-- Opening Marker --
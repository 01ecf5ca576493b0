-- ===== src/Memory/Load.antt =====
-- kernel/memory.cpp: `load_memmap` puts the entries of the boot loader's memory map in the table.
use xivix.Base.{
  ℕ, ◌+◌, ◌*◌, ◌/◌, ◌%◌, ◌^◌, ◌≤◌, ◌<◌, ◌≡◌, refl, Bool, true, false, if◌then◌else◌, ◌==◌, ◌&&◌,
  not, List, [], ◌∷◌, ltb, leb, length, arith, ◌≢◌, Bool-cases, inl, inr, ◌∙◌, has,
}
use xivix.Base.Word.{u32}
use xivix.Base.Bits.{bit_and_mask}
use xivix.Memory.{PageAllocator, mx_free, mx_fixed, set_extent}
use xivix.Memory.Cover.{cover_sum, cover_sum-zero, in_use, of_kind}
use xivix.Memory.Table.{IsExtent, empties}
use xivix.Memory.Add.{fresh}
use xivix.Memory.Replace.{over}
use xivix.Memory.Set.{IsTable, owners, Clear, set_extent-Placed, set_extent-IsTable}

-- `MemMap`
pub record MemMap : Type 0 where
  pub start : ℕ
  pub size : ℕ
  pub type : ℕ

-- A round of the loop of `load_memmap`.
unfoldable pub load_entry : MemMap → PageAllocator → PageAllocator
load_entry mm s =
    if ltb mm.start 0x10_0000
    then s
    else if has mm.size 0xfff
    then s
    else if not (mm.type == 2)
    then set_extent mm.start (u32 (mm.size / 2 ^ 12)) (if mm.type == 1 then mx_free else mx_fixed) s
    else s

-- `load_memmap`
unfoldable pub load_memmap : List MemMap → PageAllocator → PageAllocator
load_memmap [] s = s
load_memmap (mm ∷ rest) s = load_memmap rest (load_entry mm s)

-- What an entry of the map says of the address `a`: with the weight of its kind, where it is above the first
-- megabyte, of whole pages, and not reserved.
abbrev pub is_used : MemMap → Bool
is_used mm = leb 0x10_0000 mm.start && mm.size % 0x1000 == 0 && not (mm.type == 2)

abbrev pub weight : (ℕ → ℕ) → ℕ → MemMap → ℕ
weight w a mm =
    if is_used mm && leb mm.start a && ltb a (mm.start + mm.size)
    then w (if mm.type == 1 then 5 else 7)
    else 0

unfoldable pub map_sum : (ℕ → ℕ) → ℕ → List MemMap → ℕ
map_sum w a [] = 0
map_sum w a (mm ∷ rest) = weight w a mm + map_sum w a rest

-- An entry that is used lies below 4 GB and starts at a page.
abbrev pub InReach : MemMap → Type 0
InReach mm =
    is_used mm ≡ true
    → (mm.start % 0x1000 ≡ 0) × (0 < mm.size) × (mm.start + mm.size < 0x1_0000_0000)

abbrev pub AllInReach : List MemMap → Type 0
AllInReach [] = Unit
AllInReach (mm ∷ rest) = InReach mm × AllInReach rest

-- The entries overlap neither each other nor what the table has.
abbrev pub Apart : List MemMap → PageAllocator → Type 0
Apart map s = (a : ℕ) → cover_sum in_use a s.extents + map_sum in_use a map ≤ 1

module _ (mm : MemMap) (s : PageAllocator) (table : IsTable s) (room : 1 < empties s.extents)
    (reach : InReach mm)
    (apart : (a : ℕ) → cover_sum in_use a s.extents + weight in_use a mm ≤ 1) where
  record Loaded (s' : PageAllocator) : Type 0 where
    pub sum :
        (w : ℕ → ℕ) (a : ℕ)
        → w 0 ≡ 0
        → cover_sum w a s'.extents ≡ cover_sum w a s.extents + weight w a mm
    pub keeps : IsTable s'
    pub left : empties s.extents ≤ empties s'.extents + 2

  skip_lem : is_used mm ≡ false → load_entry mm s ≡ s
  unfolding load_entry
  skip_lem skipped = ground (arith, bit_and_mask 12 mm.size, skipped)

  abbrev pages : ℕ
  pages = mm.size / 0x1000

  abbrev kind : ℕ
  kind = if mm.type == 1 then 5 else 7

  module _ (used : is_used mm ≡ true) where
    used_lem : load_entry mm s ≡ set_extent mm.start pages kind s
    unfolding load_entry
    used_lem =
        let in_reach = reach used in
        let exact : u32 (mm.size / 0x1000) ≡ mm.size / 0x1000 = omega (arith, in_reach.2) in
        let high : ltb mm.start 0x10_0000 ≡ false = ground (arith, used) in
        let whole : has mm.size 0xfff ≡ false = ground (arith, bit_and_mask 12 mm.size, used) in
        let shown : not (mm.type == 2) ≡ true = ground (arith, used) in
        rw (high, whole, shown, exact) refl

    size_lem : pages * 0x1000 ≡ mm.size
    size_lem = ground (arith, used)

    new : IsExtent (fresh mm.start pages kind)
    new = ground (arith, size_lem, reach used)

    kind_lem : kind ≢ 0
    kind_lem = ground arith

    clear : Clear mm.start pages s
    clear a h k = ground (arith, size_lem, used, apart a)

    weight-over :
        (w : ℕ → ℕ) (a : ℕ)
        → w 0 ≡ 0
        → over mm.start pages a (w kind) (cover_sum w a s.extents)
          ≡ cover_sum w a s.extents + weight w a mm
    weight-over w a z = ground (
      arith,
      size_lem,
      used,
      λ (h : mm.start ≤ a) (k : a < mm.start + pages * 0x1000).
          cover_sum-zero w a s.extents z (clear a h k),
    )

    set_entry-Loaded : Loaded (set_extent mm.start pages kind s)
    set_entry-Loaded =
        let p =
          set_extent-Placed mm.start pages kind s table.valid table.disjoint new kind_lem room
            (inr clear) in
        record {
          sum = λ w a z. p.sum w a z ∙ weight-over w a z;
          keeps = set_extent-IsTable mm.start pages kind s table room new kind_lem (inr clear);
          left = p.left;
        }

  load_entry-Loaded : Loaded (load_entry mm s)
  load_entry-Loaded = elim (Bool-cases (is_used mm)) [
    | inl used ↦ rw (used_lem used) (set_entry-Loaded used)
    | inr skipped ↦
        rw (skip_lem skipped)
          (record { sum = λ w a z. ground (arith, skipped); keeps = table; left = omega arith })
  ]

-- After `load_memmap` an address has as many owners of a kind as it had before and as the map names: where
-- the table is one of extents below 4 GB without overlaps, it has two empty entries for each entry of the
-- map, the entries in use are of whole pages below 4 GB, and they overlap neither each other nor the table.
pub load_memmap-owners :
    (map : List MemMap) (s : PageAllocator)
    → IsTable s
    → 2 * length map < empties s.extents
    → AllInReach map
    → Apart map s
    → (g a : ℕ) → owners g a (load_memmap map s) ≡ owners g a s + map_sum (of_kind g) a map
unfolding load_memmap owners map_sum
load_memmap-owners [] s table room reach apart g a = omega arith
load_memmap-owners (mm ∷ rest) s table room reach apart g a =
    let l = load_entry-Loaded mm s table (omega arith) reach.0 (λ x. omega (arith, apart x)) in
    let after = load_entry mm s in
    omega (
      arith,
      load_memmap-owners rest after l.keeps (omega (arith, l.left)) reach.1
          (λ x. omega (arith, apart x, l.sum in_use x refl)) g a,
      l.sum (of_kind g) a refl,
    )
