-- ===== src/Memory/Paging.antt =====
-- kernel/memory.cpp: the page tables. After `initialize` the four page directories and their indices are
-- there, so their pointers are not null; a page table is known by its address.
pub mod Entry
pub mod Translate
pub mod Range
use xivix.Base.{
  ℕ, zero, suc, ◌+◌, ◌-◌, ◌*◌, ◌/◌, ◌%◌, ◌^◌, bit_and, bit_or, Bool, if◌then◌else◌, ◌==◌, ◌&&◌, not,
  has, ltb,
}
use xivix.Base.Word.{u32}
use xivix.Memory.{PageAllocator, mx_alloc, allocate_res}

-- `PageFlags`
abbrev pub pg_present : ℕ
pg_present = 1

abbrev pub pg_writable : ℕ
pg_writable = 2

abbrev pub pg_usermode : ℕ
pg_usermode = 4

abbrev pub pg_large : ℕ
pg_large = 0x80

-- The directories `pgdir[i]->entry`, their indices `pgdir_idx[i]->entry`, the page tables, and the allocator
-- of virtual memory.
pub record Paging : Type 0 where
  pub entry : ℕ → ℕ → ℕ
  pub index : ℕ → ℕ → ℕ
  pub pte : ℕ → ℕ → ℕ
  pub vmm : PageAllocator

-- A function with a new value at one place.
unfoldable pub write : ℕ → ℕ → ℕ → (ℕ → ℕ → ℕ) → ℕ → ℕ → ℕ
write i j v f i' j' = if i' == i && j' == j then v else f i' j'

-- `PageDir::set`, with the flags joined.
unfoldable pub dir_entry : ℕ → ℕ → ℕ
dir_entry addr flags =
    if has flags pg_large
    then bit_or (bit_and addr 0x0007_ffff_ffe0_0000) flags
    else bit_or (bit_and addr 0x0007_ffff_ffff_f000) flags

-- `PageDirIndex::set`
unfoldable pub index_entry : ℕ → ℕ
index_entry ptr = if ptr == 0 then 0 else bit_or (bit_and ptr 0xffff_f000) 1

-- `PageDirIndex::get`: the address of a page table, or 0.
unfoldable pub get_table : ℕ → ℕ → Paging → ℕ
get_table dp d s = bit_and (s.index dp d) 0xffff_f000

-- The parts of an address.
abbrev pub ofs_dp : ℕ → ℕ
ofs_dp t = t / 2 ^ 30 % 4

abbrev pub ofs_d : ℕ → ℕ
ofs_d t = t / 2 ^ 21 % 512

abbrev pub ofs_t : ℕ → ℕ
ofs_t t = t / 2 ^ 12 % 512

-- `translate_page`. The masks have the 32 bits of `unsigned long`.
unfoldable pub translate_page : ℕ → Paging → ℕ
translate_page t s =
    let tablebase = s.entry (ofs_dp t) (ofs_d t) in
    let ptptr = get_table (ofs_dp t) (ofs_d t) s in
    if not (has tablebase pg_present)
    then 0
    else if has tablebase pg_large
    then bit_or (bit_and tablebase 0xffe0_0000) (bit_and t 0x1f_ffff)
    else if ptptr == 0
    then 0
    else bit_or (bit_and (s.pte ptptr (ofs_t t)) 0xffff_f000) (bit_and t 0xfff)

-- The page table that `map_page` adds where there is none, with its 512 entries zero.
unfoldable pub new_table : ℕ → ℕ → ℕ × PageAllocator → Paging → Paging
new_table dp d (ptr, vmm) s =
    let table = bit_and (index_entry (u32 ptr)) 0xffff_f000 in
    record s {
      index = write dp d (index_entry (u32 ptr)) s.index;
      pte = λ a i. if a == table && ltb i 512 then 0 else s.pte a i;
      vmm = vmm;
    }

unfoldable pub add_table : ℕ → ℕ → Paging → Paging
add_table dp d s =
    if get_table dp d s == 0 then new_table dp d (allocate_res 1 mx_alloc s.vmm) s else s

-- The directory entry for a page table that was not present.
unfoldable pub map_table : ℕ → ℕ → Paging → Paging
map_table dp d s = if has (s.entry dp d) pg_present then s else record s {
  entry =
      write dp d (dir_entry (translate_page (get_table dp d s) s) (bit_or pg_present pg_writable))
        s.entry;
}

-- The entry of a page in its table.
unfoldable pub page_entry : ℕ → ℕ → ℕ
page_entry phy f = bit_or (bit_or phy pg_present) (bit_and f 0x1f)

unfoldable pub set_page : ℕ → ℕ → ℕ → Paging → Paging
set_page phy t f s = record s {
  pte = write (get_table (ofs_dp t) (ofs_d t) s) (ofs_t t) (page_entry phy f) s.pte;
}

-- `map_page` for a large page.
unfoldable pub map_large : ℕ → ℕ → ℕ → Paging → Paging
map_large phy t f s =
    let flags = bit_or (bit_or pg_present pg_large) (bit_and f (bit_or pg_writable pg_usermode)) in
    record s { entry = write (ofs_dp t) (ofs_d t) (dir_entry phy flags) s.entry }

-- `map_page`. A large page that is there already is kept.
unfoldable pub map_page : ℕ → ℕ → ℕ → Paging → Paging
map_page phy t f s =
    let tablebase = s.entry (ofs_dp t) (ofs_d t) in
    if has f pg_large
    then map_large phy t f s
    else if has tablebase pg_present && has tablebase pg_large
    then s
    else set_page phy t f (map_table (ofs_dp t) (ofs_d t) (add_table (ofs_dp t) (ofs_d t) s))

-- `count_page_structs`, which shifts by 9 for the page but does not use it. The differences have 32 bits.
unfoldable pub count_page_structs : ℕ → ℕ → Paging → ℕ
count_page_structs t npg s =
    let eos = u32 (t + 0x1000 * npg) in
    let res = u32 (ofs_d eos + 0x1_0000_0000 - ofs_d t + (ofs_dp eos + 0x1_0000_0000 - ofs_dp t)) in
    let lg_flags = bit_or pg_present pg_large in
    if bit_and (s.entry (ofs_dp t) (ofs_d t)) lg_flags == lg_flags
    then 0
    else if get_table (ofs_dp t) (ofs_d t) s == 0
    then u32 (res + 1)
    else res

-- The last loop of `vmm_request` for memory that is given, which does a round before it looks at `enda`: a round for the
-- page at `bega` and for the `n` pages behind it.
unfoldable pub map_pages : ℕ → ℕ → ℕ → ℕ → ℕ → Paging → Paging
map_pages pg_size zero phys bega mapflag s = map_page phys bega mapflag s
map_pages pg_size (suc n) phys bega mapflag s =
    map_pages pg_size n (phys + pg_size) (bega + pg_size) mapflag (map_page phys bega mapflag s)
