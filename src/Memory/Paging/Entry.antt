-- ===== src/Memory/Paging/Entry.antt =====
-- kernel/memory.cpp: the bits of the entries of the page tables, an address and its flags.
use xivix.Base.{
  ℕ, ◌+◌, ◌*◌, ◌/◌, ◌%◌, ◌^◌, ◌≤◌, ◌<◌, ◌≡◌, refl, bit_and, bit_or, true, false, ◌==◌, has, arith,
  ap, ap₂, ◌∙◌,
}
use xivix.Base.Bits.{
  bit_and_split, bit_or_split, bit_or_sum, bit_and_mask, bit_and_place, bit_or-zero, bit_and-zero,
  digit-bit_and, digit-bit_or,
}
use xivix.Base.Table.{holds_below, holds_below_lem}
use xivix.Memory.Paging.{dir_entry, index_entry, page_entry}

or_one-lt : (m : ℕ) → m < 32 → bit_or 1 m < 0x1000
unfolding holds_below
or_one-lt m h =
    let high : bit_or 1 m / 0x1000 ≡ 0 =
      holds_below_lem 32 (λ x. bit_or 1 x / 0x1000) (λ x. 0) refl m h in
    omega (arith, high)

-- The upper bits of a page address, and the flags below them.
address_part :
    (phy low : ℕ)
    → phy % 0x1000 ≡ 0
    → phy < 0x1_0000_0000
    → low < 0x1000
    → bit_and (phy + low) 0xffff_f000 ≡ phy
address_part phy low aligned below small =
    let q : ℕ = phy / 0x1000 in
    let parts : phy + low ≡ q * 2 ^ 12 + low = omega (arith, aligned) in
    omega (
      arith,
      ap (λ x. bit_and x 0xffff_f000) parts,
      bit_and_split 12 q low 0xf_ffff 0 small (omega arith),
      bit_and_mask 20 q,
      bit_and-zero low,
    )

page_entry_sum : (phy f : ℕ) → phy % 0x1000 ≡ 0 → page_entry phy f ≡ phy + bit_or 1 (f % 32)
unfolding page_entry
page_entry_sum phy f aligned =
    let q : ℕ = phy / 0x1000 in
    let m : ℕ = f % 32 in
    let parts : phy ≡ q * 2 ^ 12 = omega (arith, aligned) in
    let one : bit_or phy 1 ≡ q * 2 ^ 12 + 1 =
      ap (λ x. bit_or x 1) parts ∙ bit_or_sum 12 q 1 (omega arith) in
    let low : m ≡ 0 * 2 ^ 12 + m = omega arith in
    let flags : bit_or (q * 2 ^ 12 + 1) m ≡ q * 2 ^ 12 + bit_or 1 m =
      ap (λ x. bit_or (q * 2 ^ 12 + 1) x) low
      ∙ bit_or_split 12 q 1 0 m (omega arith) (omega arith)
      ∙ omega (arith, bit_or-zero q) in
    ap₂ bit_or one (bit_and_mask 5 f) ∙ flags ∙ omega (arith, parts)

pub page_entry-address :
    (phy f : ℕ)
    → phy % 0x1000 ≡ 0
    → phy < 0x1_0000_0000
    → bit_and (page_entry phy f) 0xffff_f000 ≡ phy
page_entry-address phy f aligned below =
    rw (page_entry_sum phy f aligned)
      (address_part phy (bit_or 1 (f % 32)) aligned below (or_one-lt (f % 32) (omega arith)))

-- An address put together from a page and the place in it.
pub join_address : (phy t : ℕ) → phy % 0x1000 ≡ 0 → bit_or phy (bit_and t 0xfff) ≡ phy + t % 0x1000
join_address phy t aligned =
    let q : ℕ = phy / 0x1000 in
    let parts : phy ≡ q * 2 ^ 12 = omega (arith, aligned) in
    omega (
      arith,
      bit_and_mask 12 t,
      ap₂ bit_or parts (bit_and_mask 12 t),
      bit_or_sum 12 q (t % 0x1000) (omega arith),
    )

-- The flags in the directory's entry of a page table: it is present, and not a large page.
pub dir_entry_flags :
    (addr : ℕ) → (has (dir_entry addr 3) 1 ≡ true) × (has (dir_entry addr 3) 0x80 ≡ false)
unfolding dir_entry
dir_entry_flags addr =
    let x : ℕ = bit_and addr 0x0007_ffff_ffff_f000 in
    ground (
      arith,
      bit_and_place 0 (bit_or x 3),
      bit_and_place 7 (bit_or x 3),
      digit-bit_or 0 x 3,
      digit-bit_or 7 x 3,
      digit-bit_and 7 addr 0x0007_ffff_ffff_f000,
    )

table_address : (ptr : ℕ) → ptr < 0x1_0000_0000 → bit_and ptr 0xffff_f000 ≡ ptr / 0x1000 * 0x1000
table_address ptr below =
    let parts : ptr ≡ ptr / 0x1000 * 0x1000 + ptr % 0x1000 = omega arith in
    ap (λ x. bit_and x 0xffff_f000) parts
    ∙ address_part (ptr / 0x1000 * 0x1000) (ptr % 0x1000) (omega arith) (omega arith) (omega arith)

-- The index keeps the address of a table.
pub index_entry-address :
    (ptr : ℕ)
    → ptr < 0x1_0000_0000
    → 0x1000 ≤ ptr
    → bit_and (index_entry ptr) 0xffff_f000 ≡ ptr / 0x1000 * 0x1000
unfolding index_entry
index_entry-address ptr below real =
    let there : (ptr == 0) ≡ false = ground arith in
    let q : ℕ = ptr / 0x1000 in
    let entry : bit_or (bit_and ptr 0xffff_f000) 1 ≡ q * 0x1000 + 1 =
      ap (λ x. bit_or x 1) (table_address ptr below) ∙ bit_or_sum 12 q 1 (omega arith) in
    rw (there, entry) (address_part (q * 0x1000) 1 (omega arith) (omega arith) (omega arith))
-- Closing Marker --
# Work item:
Filter the lines above so that only those with the string "their" remain, then copy them.

# Response area:
-- kernel/memory.cpp: the page tables. After `initialize` the four page directories and their indices are
-- there, so their pointers are not null; a page table is known by its address.
-- The directories `pgdir[i]->entry`, their indices `pgdir_idx[i]->entry`, the page tables, and the allocator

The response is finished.